We can change this a bit to see if something is anomalous in .5 stddev, 1 stddev, and 3 stddev.
WITH series AS (
SELECT *
FROM unnest(array[2, 3, 5, 2, 3, 12, 5, 3, 4]) AS n
),
stats AS (
SELECT
avg(n) series_avg,
stddev(n) as series_stddev
FROM
series
),
zscores AS (
SELECT
n,
(n - series_avg) / series_stddev AS zscore
FROM
series,
stats
)
SELECT
*,
zscore NOT BETWEEN -0.5 AND 0.5 AS is_anomaly_0_5,
zscore NOT BETWEEN -1 AND 1 AS is_anomaly_1,
zscore NOT BETWEEN -3 AND 3 AS is_anomaly_3
FROM
zscores;
n │ zscore │ is_anomaly_0_5 │ is_anomaly_1 │ is_anomaly_3
───┼─────────────────────────┼────────────────┼──────────────┼──────────────
2 │ -0.75703329861022517346 │ t │ f │ f
3 │ -0.43259045634870009448 │ f │ f │ f
5 │ 0.21629522817435006346 │ f │ f │ f
2 │ -0.75703329861022517346 │ t │ f │ f
3 │ -0.43259045634870009448 │ f │ f │ f
12 │ 2.4873951240050256 │ t │ t │ f
5 │ 0.21629522817435006346 │ f │ f │ f
3 │ -0.43259045634870009448 │ f │ f │ f
4 │ -0.10814761408717501551 │ f │ f │ f
Let’s say we want to check if we have a server problem with pure SQL statistics:
500 ⇒ problem on the server? 400 ⇒ problem with clients? 404 ⇒ problem with SEO or redirects? 200 ⇒ significant traffic or DOS attack?

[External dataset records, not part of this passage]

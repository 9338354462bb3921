-- ===== src/Text/Bytes.antt =====
-- Texts cut at a byte: a text ends in one way only in a separator and a part without it.
use di_orchestrator.Base.{ℕ, ◌≡◌, refl, sym, subst, false, [], ◌∷◌, ◌++◌, arith, ◌==◌, All}
use di_orchestrator.Text.{Text}

-- A byte does not occur in a text.
abbrev pub IsFree : ℕ → Text → Type 0
IsFree sep s = All (λ c. (c == sep) ≡ false) s

pub append_cancel : (s t u : Text) → s ++ t ≡ s ++ u → t ≡ u
append_cancel [] t u e = e
append_cancel (c ∷ s) t u e = append_cancel s t u (cc)

not_free : (sep : ℕ) (s t : Text) → IsFree sep (s ++ sep ∷ t) → ⊥
not_free sep [] t h = ground arith
not_free sep (c ∷ s) t h = not_free sep s t h.1

pub tail_eq : {c d : ℕ} {s t : Text} → c ∷ s ≡ d ∷ t → s ≡ t
tail_eq e = cc

-- The part after the last separator, and the part before it.
pub last_part :
    (sep : ℕ) (a b s t : Text)
    → IsFree sep s
    → IsFree sep t
    → a ++ sep ∷ s ≡ b ++ sep ∷ t
    → (a ≡ b) × (s ≡ t)
last_part sep [] [] s t h k e = (refl, tail_eq e)
last_part sep [] (c ∷ b) s t h k e = absurd (not_free sep b t (subst (IsFree sep) (tail_eq e) h))
last_part sep (c ∷ a) [] s t h k e =
    absurd (not_free sep a s (subst (IsFree sep) (sym (tail_eq e)) k))
last_part sep (c ∷ a) (d ∷ b) s t h k e =
    let rest = last_part sep a b s t h k (tail_eq e) in (cc rest.0, rest.1)
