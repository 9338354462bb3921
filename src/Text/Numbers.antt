-- ===== src/Text/Numbers.antt =====
-- strconv: reading back what Itoa prints.
use di_orchestrator.Base.{
  ℕ, zero, suc, ◌+◌, ◌/◌, ◌%◌, ◌<◌, ◌≤◌, ◌≡◌, refl, Bool-cases, inl, inr, some, [], ◌∷◌, arith, ltb,
  pos, ◌∙◌,
}
use di_orchestrator.Text.{Text, digits_from, itoa, parse_digits, atoi}
use di_orchestrator.Text.Bytes.{IsFree}

parse_digits-digits_from :
    (f n : ℕ) (acc : Text) → n < f → parse_digits (digits_from f n acc) 0 ≡ parse_digits acc n
unfolding digits_from parse_digits
parse_digits-digits_from zero n acc h = elim h [ ]
parse_digits-digits_from (suc f) n acc h =
    ground (arith, parse_digits-digits_from f (n / 10) ((48 + n % 10) ∷ acc))

-- The printed number begins with a digit.
data StartsWithDigit : Text → Type 0 where
  digit : (c : ℕ) (s : Text) → 48 ≤ c → c ≤ 57 → StartsWithDigit (c ∷ s)

digits_from-StartsWithDigit : (f n : ℕ) (acc : Text) → n < f → StartsWithDigit (digits_from f n acc)
unfolding digits_from
digits_from-StartsWithDigit zero n acc h = elim h [ ]
digits_from-StartsWithDigit (suc f) n acc h = elim (Bool-cases (ltb n 10)) [
  | inl small ↦ rw small (digit (48 + n) acc (omega arith) (ground arith))
  | inr big ↦ rw big (digits_from-StartsWithDigit f (n / 10) ((48 + n % 10) ∷ acc) (ground arith))
]

atoi_digits :
    {t : Text} (n : ℕ)
    → StartsWithDigit t
    → parse_digits t 0 ≡ some n
    → n < 9223372036854775808
    → atoi t ≡ some (pos n)
unfolding atoi
atoi_digits n (digit c s lo hi) e h = ground arith

-- Atoi reads back every number that Itoa prints, below 2^63.
pub atoi-itoa : (n : ℕ) → n < 9223372036854775808 → atoi (itoa n) ≡ some (pos n)
unfolding itoa
atoi-itoa n h =
    atoi_digits n (digits_from-StartsWithDigit (suc n) n [] (omega arith))
      (parse_digits-digits_from (suc n) n [] (omega arith) ∙ empty) h
  where
    empty : parse_digits [] n ≡ some n
    empty = unfold parse_digits in refl

-- Different numbers are printed differently.
pub itoa_inj : (m n : ℕ) → itoa m ≡ itoa n → m ≡ n
unfolding itoa parse_digits
itoa_inj m n e =
    let back = λ (k : ℕ). parse_digits-digits_from (suc k) k [] (omega arith) in cc (back m, back n)

digits_from-IsFree :
    (f n : ℕ) (acc : Text) → n < f → IsFree b'-' acc → IsFree b'-' (digits_from f n acc)
unfolding digits_from
digits_from-IsFree zero n acc h k = elim h [ ]
digits_from-IsFree (suc f) n acc h k = elim (Bool-cases (ltb n 10)) [
  | inl small ↦ rw small (ground arith, k)
  | inr big ↦
      rw big (digits_from-IsFree f (n / 10) ((48 + n % 10) ∷ acc) (ground arith) (ground arith, k))
]

-- A printed number has no dash.
pub itoa-IsFree : (n : ℕ) → IsFree b'-' (itoa n)
unfolding itoa
itoa-IsFree n = digits_from-IsFree (suc n) n [] (omega arith) tt
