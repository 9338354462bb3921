-- ===== src/Machine/Log.antt =====
-- The pods that a log of calls asks the cluster to create and to delete, in order, and the
-- statuses that it writes.
use di_orchestrator.Base.{◌≡◌, refl, ap, List, [], ◌∷◌, ◌++◌}
use di_orchestrator.Kube.{Pod}
use di_orchestrator.Job.{DiJob}
use di_orchestrator.Machine.{Call}

abbrev pub deleted_pods : List Call → List Pod
deleted_pods [] = []
deleted_pods (Call.delete_pod pod ∷ calls) = pod ∷ deleted_pods calls
deleted_pods (_ ∷ calls) = deleted_pods calls

abbrev pub created_pods : List Call → List Pod
created_pods [] = []
created_pods (Call.create_pod pod ∷ calls) = pod ∷ created_pods calls
created_pods (_ ∷ calls) = created_pods calls

abbrev pub written_statuses : List Call → List DiJob
written_statuses [] = []
written_statuses (Call.update_status job ∷ calls) = job ∷ written_statuses calls
written_statuses (_ ∷ calls) = written_statuses calls

pub deleted_pods-append :
    (xs ys : List Call) → deleted_pods (xs ++ ys) ≡ deleted_pods xs ++ deleted_pods ys
deleted_pods-append [] ys = refl
deleted_pods-append (Call.delete_pod pod ∷ xs) ys = ap (λ l. pod ∷ l) (deleted_pods-append xs ys)
deleted_pods-append (_ ∷ xs) ys = deleted_pods-append xs ys

pub created_pods-append :
    (xs ys : List Call) → created_pods (xs ++ ys) ≡ created_pods xs ++ created_pods ys
created_pods-append [] ys = refl
created_pods-append (Call.create_pod pod ∷ xs) ys = ap (λ l. pod ∷ l) (created_pods-append xs ys)
created_pods-append (_ ∷ xs) ys = created_pods-append xs ys

pub written_statuses-append :
    (xs ys : List Call) → written_statuses (xs ++ ys) ≡ written_statuses xs ++ written_statuses ys
written_statuses-append [] ys = refl
written_statuses-append (Call.update_status job ∷ xs) ys =
    ap (λ l. job ∷ l) (written_statuses-append xs ys)
written_statuses-append (_ ∷ xs) ys = written_statuses-append xs ys
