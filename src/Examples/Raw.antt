-- ===== src/Examples/Raw.antt =====
-- A raw flow and its pcap file.
use mini_proxad.Prelude.{
  ℕ, ◌+◌, ◌≡◌, ◌≢◌, ◌⊎◌, refl, none, some, List, [], ◌∷◌, ◌++◌, ltb, All, not_found, ok, panicked,
  arith,
}
use mini_proxad.Stream
use mini_proxad.Stream.{Poll, filled, failed, pending, poll_chunk, wrote_all, stalled_after}
use mini_proxad.Stream.Laws.{poll_chunk-pending, read_chunk_lossless, arrived_all}
use mini_proxad.History.Raw.{RawChunk, RawHistory, last_chunk, set_last_chunk}
use mini_proxad.History.Raw.Tiling.{
  IsTiled, set_last_chunk-IsTiled, parts-set_last_chunk, last_chunk-set_last_chunk,
}
use mini_proxad.History.Raw.Tiles.{parts}
use mini_proxad.History.Http.{HttpHistory}
use mini_proxad.History.Http.Bounds.{IsBounded, RequestExact, ResponseExact, push_exact}
use mini_proxad.Flow.{raw, new_raw_flow}
use mini_proxad.Flow.Iter.{Item, flow_items, collect, calls, into_iter, chunk_bytes}
use mini_proxad.Flow.Iter.Merge.{merge, traverse, flow_items-merge}
use mini_proxad.Flow.Iter.Contents.{flow_items_bytes}
use mini_proxad.Flow.Iter.Sides.{bytes_from}
use mini_proxad.Flow.Iter.Order.{IsChronological}
use mini_proxad.Flow.Iter.Clock.{item_times, flow_items-IsChronological}
use mini_proxad.Filter.{Filter, FilterModule}
use mini_proxad.Filter.Raw.{on_raw_client, on_raw_server}
use mini_proxad.Filter.{returned, py_ellipsis}
use mini_proxad.Filter.Raw.Verdicts.{Judged, seen_by, on_raw-Judged}
use mini_proxad.Proxy
use mini_proxad.Proxy.Raw.{
  Ready, Turn, from_client, from_server, Closing, handle_flow, finished, running,
}
use mini_proxad.Proxy.Raw.Reads.{Reads, read_chunk-Reads}
use mini_proxad.Proxy.Raw.Forwarding.{handle_flow-IsBehind, handle_flow-IsSynced}
use mini_proxad.Proxy.Raw.Sync.{IsBehind, IsSynced}
use mini_proxad.Examples.World.{
  plain, client, server, sent, received, two_way, client-ne-server, script, before_asym,
}

abbrev wakes : List (List Poll)
wakes = [] ∷ (filled (1 ∷ 2 ∷ []) ∷ filled (3 ∷ []) ∷ []) ∷ (failed not_found ∷ []) ∷ []

poll_chunk-pending_example :
    ((poll_chunk [] (1 ∷ []) 0).buffer ≡ 1 ∷ []) × ◌≡◌ {A = List Poll} [] [] × ◌≡◌ {A = ℕ} 0 0
unfolding poll_chunk
poll_chunk-pending_example = poll_chunk-pending [] (1 ∷ []) 0 refl

read_chunk_lossless_example :
    (Stream.read_chunk wakes (9 ∷ [])).buffer
      ++ arrived_all (Stream.read_chunk wakes (9 ∷ [])).wakes
    ≡ 9 ∷ 1 ∷ 2 ∷ 3 ∷ []
read_chunk_lossless_example = read_chunk_lossless wakes (9 ∷ [])

read_chunk-Reads_example :
    Reads sent 40 (Proxy.Raw.read_chunk wakes sent 40).0 (Proxy.Raw.read_chunk wakes sent 40).1
read_chunk-Reads_example = read_chunk-Reads wakes sent 40

pub sent-IsTiled : IsTiled sent
sent-IsTiled = (refl, omega arith, (refl, omega arith, refl))

pub received-IsTiled : IsTiled received
received-IsTiled = (refl, omega arith, refl)

set_last_chunk-IsTiled_example : IsTiled (set_last_chunk sent (1 ∷ 2 ∷ []) 50)
set_last_chunk-IsTiled_example = set_last_chunk-IsTiled sent (1 ∷ 2 ∷ []) 50 sent-IsTiled

abbrev first_chunk : RawChunk ℕ
first_chunk = record { range = record { start = 0; end = 2 }; timestamp = 10 }

abbrev last_of_sent : RawChunk ℕ
last_of_sent = record { range = record { start = 2; end = 3 }; timestamp = 30 }

parts-set_last_chunk_example :
    parts (set_last_chunk sent (1 ∷ 2 ∷ []) 50).bytes (set_last_chunk sent (1 ∷ 2 ∷ []) 50).chunks
    ≡ (7 ∷ 8 ∷ []) ∷ (1 ∷ 2 ∷ []) ∷ []
parts-set_last_chunk_example =
    parts-set_last_chunk sent (1 ∷ 2 ∷ []) 50 (first_chunk ∷ []) last_of_sent sent-IsTiled refl

last_chunk-set_last_chunk_example :
    last_chunk (set_last_chunk sent (1 ∷ 2 ∷ []) 50) ≡ some (1 ∷ 2 ∷ [])
last_chunk-set_last_chunk_example = last_chunk-set_last_chunk sent (1 ∷ 2 ∷ []) 50 sent-IsTiled

abbrev half_full : HttpHistory ℕ ℕ ℕ
half_full = record {
  requests = (1, 1) ∷ [];
  responses = [];
  client_size = 6;
  server_size = 6;
  client_max = 10;
  server_max = 10;
}

half_full-IsBounded : IsBounded half_full
half_full-IsBounded = record { client = omega arith; server = omega arith }

push_exact_example : RequestExact half_full 2 4 7 × ResponseExact half_full 2 5 7
push_exact_example =
    push_exact half_full 2 2 4 5 7 half_full-IsBounded (omega arith) (omega arith) (omega arith)
      (omega arith)

abbrev toy : FilterModule ℕ ℕ ℕ ℕ
toy = script

-- The script replaces what the client sends, and kills the flow when the server speaks.
abbrev judging : FilterModule ℕ ℕ ℕ ℕ
judging = record toy { raw_server = some (λ flow bytes. returned py_ellipsis) }

on_raw-Judged_example :
    Judged judging.raw_client
      (seen_by two_way sent 40)
      sent
      41
      (λ h. record two_way { client_history = h })
      (on_raw_client judging two_way 40 41)
    × Judged judging.raw_server
        (seen_by two_way received 40)
        received
        41
        (λ h. record two_way { server_history = h })
        (on_raw_server judging two_way 40 41)
on_raw-Judged_example = on_raw-Judged judging two_way 40 41 sent-IsTiled received-IsTiled

-- The client speaks, the write to the server stalls.
abbrev one_turn : Turn ℕ ℕ ℕ ℕ
one_turn = record {
  wakes = wakes;
  read_at = 2;
  called_at = 3;
  replaced_at = 4;
  filter = some (record { script_path = []; inner = toy });
  writing = stalled_after 1;
}

abbrev quiet : Closing
quiet = record {
  client_flush = none;
  server_flush = none;
  client_shutdown = none;
  server_shutdown = none;
}

handle_flow-IsBehind_example :
    let r =
      handle_flow none (from_client one_turn ∷ []) quiet (new_raw_flow 0 1 client 100 server 100) in
    (r.1 ≢ finished panicked) × IsBehind r.0
handle_flow-IsBehind_example =
    handle_flow-IsBehind none (from_client one_turn ∷ []) quiet 0 1 client 100 server 100

-- The same, but the write succeeds.
abbrev good_turn : Turn ℕ ℕ ℕ ℕ
good_turn = record one_turn { writing = wrote_all }

handle_flow-IsSynced_example :
    IsSynced
      (handle_flow none
        (from_client good_turn ∷ [])
        quiet
        (new_raw_flow 0 1 client 100 server 100)).0
unfolding handle_flow mini_proxad.Proxy.Raw.after_loop mini_proxad.Proxy.Raw.run_turns
    mini_proxad.Proxy.Raw.turn mini_proxad.Proxy.Raw.client_turn mini_proxad.Proxy.Raw.read_chunk
    Stream.read_chunk poll_chunk mini_proxad.Proxy.Raw.record_chunk new_raw_flow
    mini_proxad.History.Raw.new_raw_history mini_proxad.Proxy.Raw.forward_client on_raw_client
    last_chunk mini_proxad.Filter.Raw.apply_raw_chunk mini_proxad.Filter.Raw.raw_result
    mini_proxad.Filter.extract_bytes mini_proxad.Proxy.Raw.write_last_chunk Stream.write_chunk
    set_last_chunk mini_proxad.History.Raw.last_range
handle_flow-IsSynced_example =
    handle_flow-IsSynced none (from_client good_turn ∷ []) quiet 0 1 client 100 server 100 refl

flow_items-merge_example :
    collect plain (calls plain (raw two_way) + 2) ltb (into_iter plain (raw two_way))
    ≡ traverse (chunk_bytes two_way) (merge ltb client server sent.chunks received.chunks)
flow_items-merge_example = flow_items-merge plain ltb two_way 2

flow_items-IsChronological_example :
    (items : List (Item ℕ)) × (flow_items plain ltb (raw two_way) ≡ ok items)
    × IsChronological ltb (item_times items)
flow_items-IsChronological_example =
    flow_items-IsChronological plain ltb before_asym two_way sent-IsTiled received-IsTiled
      client-ne-server (refl, tt) tt

flow_items_bytes_example :
    (items : List (Item ℕ)) × (flow_items plain ltb (raw two_way) ≡ ok items)
    × (bytes_from client items ≡ 7 ∷ 8 ∷ 9 ∷ [])
    × (bytes_from server items ≡ 5 ∷ [])
    × All (λ item. (item.0 ≡ client) ⊎ (item.0 ≡ server)) items
flow_items_bytes_example =
    flow_items_bytes plain ltb two_way sent-IsTiled received-IsTiled client-ne-server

Create a table to store statistics:
CREATE TABLE server_log_summary AS (
period timestamptz,
status_code int,
entries int
);
We can create an axis to join to with a CTE (Common Table Expression)
-- Correct!
WITH axis AS (
SELECT
status_code,
generate_series(
date_trunc('minute', now()),
date_trunc('minute', now() - interval '1 hour'),
interval '1 minute' * -1
) AS period
FROM (
VALUES (200), (400), (404), (500)
) AS t(status_code)
)
SELECT
a.period,
a.status_code,
count(*) AS entries
FROM
axis a
LEFT JOIN server_log l ON (
date_trunc('minute', l.timestamp) = a.period
AND l.status_code = a.status_code
)
GROUP BY
period,
status_code;
We might try to use the Z-Score to find out if we have an anomaly:
db= WITH stats AS (
SELECT
status_code,
(MAX(ARRAY[EXTRACT('epoch' FROM period), entries]))[2] AS last_value,
AVG(entries) AS mean_entries,
STDDEV(entries) AS stddev_entries
FROM
server_log_summary
WHERE
-- In the demo data use:
-- period > '2020-08-01 17:00 UTC'::timestamptz
period > now() - interval '1 hour'
GROUP BY
status_code
)
SELECT * FROM stats;
status_code │ last_value │ mean_entries │ stddev_entries
────────────┼────────────┼────────────────────────┼────────────────────────
404 │ 0 │ 0.13333333333333333333 │ 0.34280333180088158345
500 │ 0 │ 0.15000000000000000000 │ 0.36008473579027553993
200 │ 4084 │ 2779.1000000000000000 │ 689.219644702665
400 │ 24 │ 0.73333333333333333333 │ 3.4388935285299212
We then calculate if this is anomalous by checking the difference between the previous value:
db= WITH stats AS (
SELECT
status_code,
(MAX(ARRAY[EXTRACT('epoch' FROM period), entries]))[2] AS last_value,
AVG(entries) AS mean_entries,
STDDEV(entries) AS stddev_entries
FROM
server_log_summary
WHERE
-- In the demo data use:
-- period > '2020-08-01 17:00 UTC'::timestamptz
period > now() - interval '1 hour'
GROUP BY
status_code
)
SELECT
*,
(last_value - mean_entries) / NULLIF(stddev_entries::float, 0) as zscore
FROM
stats;
status_code │ last_value │ mean_entries │ stddev_entries │ zscore
────────────┼────────────┼──────────────┼────────────────┼────────
404 │ 0 │ 0.133 │ 0.3428 │ -0.388
500 │ 0 │ 0.150 │ 0.3600 │ -0.416
200 │ 4084 │ 2779.100 │ 689.2196 │ 1.893
400 │ 24 │ 0.733 │ 3.4388 │ 6.765
Clearly the 400s are anomalous, and also, we seem to have a bunch more 200s than normal.